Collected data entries
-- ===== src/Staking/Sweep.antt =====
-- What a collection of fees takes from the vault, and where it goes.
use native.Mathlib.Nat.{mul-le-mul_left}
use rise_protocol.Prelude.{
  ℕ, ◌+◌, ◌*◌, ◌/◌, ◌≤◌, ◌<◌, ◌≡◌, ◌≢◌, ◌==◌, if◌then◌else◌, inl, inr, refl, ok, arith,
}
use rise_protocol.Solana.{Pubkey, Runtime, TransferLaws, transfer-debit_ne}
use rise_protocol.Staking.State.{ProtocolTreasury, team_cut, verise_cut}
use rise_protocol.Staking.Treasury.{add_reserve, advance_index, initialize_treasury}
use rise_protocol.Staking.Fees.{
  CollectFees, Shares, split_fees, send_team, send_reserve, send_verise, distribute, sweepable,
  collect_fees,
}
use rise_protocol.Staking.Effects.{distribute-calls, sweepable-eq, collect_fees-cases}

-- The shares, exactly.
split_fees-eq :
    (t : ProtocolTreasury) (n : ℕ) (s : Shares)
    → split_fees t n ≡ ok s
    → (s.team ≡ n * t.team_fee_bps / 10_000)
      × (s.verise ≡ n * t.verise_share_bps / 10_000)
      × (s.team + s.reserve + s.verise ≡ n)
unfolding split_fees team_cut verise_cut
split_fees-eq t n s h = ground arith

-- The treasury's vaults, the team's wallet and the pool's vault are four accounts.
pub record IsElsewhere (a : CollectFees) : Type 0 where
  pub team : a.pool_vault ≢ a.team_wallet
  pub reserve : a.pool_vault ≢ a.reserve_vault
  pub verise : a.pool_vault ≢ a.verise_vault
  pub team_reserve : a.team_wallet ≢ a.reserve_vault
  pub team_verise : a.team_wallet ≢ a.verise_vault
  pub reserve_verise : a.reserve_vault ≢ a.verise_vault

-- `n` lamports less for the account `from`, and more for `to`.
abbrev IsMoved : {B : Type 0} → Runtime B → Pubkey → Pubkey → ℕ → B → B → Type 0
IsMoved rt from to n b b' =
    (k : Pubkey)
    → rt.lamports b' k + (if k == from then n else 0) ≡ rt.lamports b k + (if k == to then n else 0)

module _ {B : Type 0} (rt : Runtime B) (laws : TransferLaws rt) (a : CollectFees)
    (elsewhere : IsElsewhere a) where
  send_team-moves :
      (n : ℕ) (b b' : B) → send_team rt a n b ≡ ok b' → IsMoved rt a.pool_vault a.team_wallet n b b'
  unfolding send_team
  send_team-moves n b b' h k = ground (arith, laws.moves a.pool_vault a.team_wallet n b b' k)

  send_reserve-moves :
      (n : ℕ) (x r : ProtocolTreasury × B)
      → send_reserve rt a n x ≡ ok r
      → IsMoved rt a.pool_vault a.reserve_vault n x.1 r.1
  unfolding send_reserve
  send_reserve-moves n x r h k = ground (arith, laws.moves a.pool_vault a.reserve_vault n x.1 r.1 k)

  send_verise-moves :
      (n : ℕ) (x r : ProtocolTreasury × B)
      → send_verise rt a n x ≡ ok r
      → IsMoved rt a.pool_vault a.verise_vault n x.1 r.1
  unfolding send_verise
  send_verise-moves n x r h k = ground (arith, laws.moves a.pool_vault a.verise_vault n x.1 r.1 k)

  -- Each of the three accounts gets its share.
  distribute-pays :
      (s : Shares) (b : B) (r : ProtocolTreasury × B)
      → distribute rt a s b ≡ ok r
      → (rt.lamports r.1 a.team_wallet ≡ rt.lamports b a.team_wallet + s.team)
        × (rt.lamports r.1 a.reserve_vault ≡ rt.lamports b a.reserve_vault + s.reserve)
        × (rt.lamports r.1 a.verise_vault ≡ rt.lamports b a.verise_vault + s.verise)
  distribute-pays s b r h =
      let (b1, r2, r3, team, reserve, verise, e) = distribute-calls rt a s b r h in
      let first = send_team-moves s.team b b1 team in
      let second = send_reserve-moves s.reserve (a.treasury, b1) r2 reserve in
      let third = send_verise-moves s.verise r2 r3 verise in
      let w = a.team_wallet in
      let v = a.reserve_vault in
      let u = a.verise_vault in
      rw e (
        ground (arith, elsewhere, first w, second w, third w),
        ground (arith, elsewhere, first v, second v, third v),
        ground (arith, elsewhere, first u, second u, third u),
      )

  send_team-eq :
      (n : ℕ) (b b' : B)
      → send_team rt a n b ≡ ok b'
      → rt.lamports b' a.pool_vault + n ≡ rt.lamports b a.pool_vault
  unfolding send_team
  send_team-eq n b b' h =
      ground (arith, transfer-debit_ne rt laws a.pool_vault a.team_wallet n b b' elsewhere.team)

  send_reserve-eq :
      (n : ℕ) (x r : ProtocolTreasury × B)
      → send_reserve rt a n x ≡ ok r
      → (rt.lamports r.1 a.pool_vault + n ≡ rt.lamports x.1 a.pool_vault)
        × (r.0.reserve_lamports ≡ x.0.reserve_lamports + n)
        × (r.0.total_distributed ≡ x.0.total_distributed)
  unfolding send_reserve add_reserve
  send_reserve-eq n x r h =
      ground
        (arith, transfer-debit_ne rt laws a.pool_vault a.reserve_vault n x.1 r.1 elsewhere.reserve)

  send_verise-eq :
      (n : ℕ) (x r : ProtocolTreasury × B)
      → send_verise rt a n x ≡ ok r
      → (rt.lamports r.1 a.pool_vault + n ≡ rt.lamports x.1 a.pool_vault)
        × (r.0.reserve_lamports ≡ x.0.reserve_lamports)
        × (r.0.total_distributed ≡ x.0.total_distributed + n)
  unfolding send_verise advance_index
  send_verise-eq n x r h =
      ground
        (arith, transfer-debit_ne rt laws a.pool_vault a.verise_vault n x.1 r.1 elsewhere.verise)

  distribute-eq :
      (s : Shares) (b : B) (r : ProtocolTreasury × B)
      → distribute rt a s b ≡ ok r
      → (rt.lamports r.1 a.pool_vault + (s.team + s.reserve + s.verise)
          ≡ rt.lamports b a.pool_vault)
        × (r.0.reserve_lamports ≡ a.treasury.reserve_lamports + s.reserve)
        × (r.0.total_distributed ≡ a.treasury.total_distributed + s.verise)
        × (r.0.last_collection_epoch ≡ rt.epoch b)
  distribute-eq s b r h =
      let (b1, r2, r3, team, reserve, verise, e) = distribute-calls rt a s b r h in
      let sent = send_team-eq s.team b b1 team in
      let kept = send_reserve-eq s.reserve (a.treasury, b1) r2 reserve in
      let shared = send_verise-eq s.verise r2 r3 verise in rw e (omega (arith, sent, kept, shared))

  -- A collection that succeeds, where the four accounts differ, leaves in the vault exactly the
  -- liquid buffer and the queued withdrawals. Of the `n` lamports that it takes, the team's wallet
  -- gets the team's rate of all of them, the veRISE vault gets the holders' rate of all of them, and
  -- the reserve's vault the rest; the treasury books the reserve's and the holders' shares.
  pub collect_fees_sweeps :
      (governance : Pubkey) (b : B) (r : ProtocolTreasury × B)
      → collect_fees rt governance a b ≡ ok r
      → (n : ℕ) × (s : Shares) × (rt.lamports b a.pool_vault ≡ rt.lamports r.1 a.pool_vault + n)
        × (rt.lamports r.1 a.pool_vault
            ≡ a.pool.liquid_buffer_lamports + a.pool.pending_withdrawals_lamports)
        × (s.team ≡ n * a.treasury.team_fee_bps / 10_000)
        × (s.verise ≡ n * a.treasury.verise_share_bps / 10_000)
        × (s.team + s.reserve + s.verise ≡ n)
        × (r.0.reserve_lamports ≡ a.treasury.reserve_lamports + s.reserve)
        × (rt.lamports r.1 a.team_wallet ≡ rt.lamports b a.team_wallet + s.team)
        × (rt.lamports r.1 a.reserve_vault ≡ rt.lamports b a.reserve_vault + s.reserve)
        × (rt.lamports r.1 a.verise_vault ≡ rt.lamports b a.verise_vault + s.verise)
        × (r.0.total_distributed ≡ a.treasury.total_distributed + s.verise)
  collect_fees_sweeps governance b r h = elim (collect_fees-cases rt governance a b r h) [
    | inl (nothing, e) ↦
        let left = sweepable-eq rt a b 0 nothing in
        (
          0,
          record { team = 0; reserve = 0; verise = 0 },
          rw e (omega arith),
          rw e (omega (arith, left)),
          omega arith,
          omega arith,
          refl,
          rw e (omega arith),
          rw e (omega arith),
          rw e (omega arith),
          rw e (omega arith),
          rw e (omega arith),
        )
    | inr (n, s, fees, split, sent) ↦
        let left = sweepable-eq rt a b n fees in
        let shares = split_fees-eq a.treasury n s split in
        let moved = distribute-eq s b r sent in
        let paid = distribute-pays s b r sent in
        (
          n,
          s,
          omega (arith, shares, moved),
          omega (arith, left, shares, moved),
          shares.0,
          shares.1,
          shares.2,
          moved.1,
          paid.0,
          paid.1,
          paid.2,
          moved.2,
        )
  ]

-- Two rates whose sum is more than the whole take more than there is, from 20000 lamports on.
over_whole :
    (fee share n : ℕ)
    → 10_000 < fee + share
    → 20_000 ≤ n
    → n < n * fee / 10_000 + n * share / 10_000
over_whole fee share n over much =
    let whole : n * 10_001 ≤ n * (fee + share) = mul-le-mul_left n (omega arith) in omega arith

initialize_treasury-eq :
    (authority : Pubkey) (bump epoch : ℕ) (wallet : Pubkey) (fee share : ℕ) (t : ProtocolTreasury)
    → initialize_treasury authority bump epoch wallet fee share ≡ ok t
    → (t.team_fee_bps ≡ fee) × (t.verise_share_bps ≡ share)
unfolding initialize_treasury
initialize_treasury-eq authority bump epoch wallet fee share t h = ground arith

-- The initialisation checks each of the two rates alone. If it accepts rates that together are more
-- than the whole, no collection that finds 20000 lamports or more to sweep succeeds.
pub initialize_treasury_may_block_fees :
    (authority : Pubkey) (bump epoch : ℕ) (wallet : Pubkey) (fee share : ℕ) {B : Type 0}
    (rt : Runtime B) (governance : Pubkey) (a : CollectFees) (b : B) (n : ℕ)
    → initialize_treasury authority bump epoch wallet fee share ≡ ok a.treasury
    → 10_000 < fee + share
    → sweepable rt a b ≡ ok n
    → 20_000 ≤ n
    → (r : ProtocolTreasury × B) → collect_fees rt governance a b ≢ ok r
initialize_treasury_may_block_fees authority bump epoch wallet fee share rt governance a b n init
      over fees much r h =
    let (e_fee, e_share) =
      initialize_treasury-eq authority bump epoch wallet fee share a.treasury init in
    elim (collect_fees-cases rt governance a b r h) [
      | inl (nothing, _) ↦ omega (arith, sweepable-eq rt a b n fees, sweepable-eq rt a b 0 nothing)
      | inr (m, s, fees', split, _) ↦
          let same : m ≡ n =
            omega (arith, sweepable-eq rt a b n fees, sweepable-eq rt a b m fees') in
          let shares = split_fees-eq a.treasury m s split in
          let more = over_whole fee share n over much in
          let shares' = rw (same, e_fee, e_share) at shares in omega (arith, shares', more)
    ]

Exercise directions ▸
When you answer, output each line of the data exactly as given, from its first line up to and including the one with "t.team_fee_bps / 10_000)".

Written answer ▸
-- ===== src/Staking/Sweep.antt =====
-- What a collection of fees takes from the vault, and where it goes.
use native.Mathlib.Nat.{mul-le-mul_left}
use rise_protocol.Prelude.{
  ℕ, ◌+◌, ◌*◌, ◌/◌, ◌≤◌, ◌<◌, ◌≡◌, ◌≢◌, ◌==◌, if◌then◌else◌, inl, inr, refl, ok, arith,
}
use rise_protocol.Solana.{Pubkey, Runtime, TransferLaws, transfer-debit_ne}
use rise_protocol.Staking.State.{ProtocolTreasury, team_cut, verise_cut}
use rise_protocol.Staking.Treasury.{add_reserve, advance_index, initialize_treasury}
use rise_protocol.Staking.Fees.{
  CollectFees, Shares, split_fees, send_team, send_reserve, send_verise, distribute, sweepable,
  collect_fees,
}
use rise_protocol.Staking.Effects.{distribute-calls, sweepable-eq, collect_fees-cases}

-- The shares, exactly.
split_fees-eq :
    (t : ProtocolTreasury) (n : ℕ) (s : Shares)
    → split_fees t n ≡ ok s
    → (s.team ≡ n * t.team_fee_bps / 10_000)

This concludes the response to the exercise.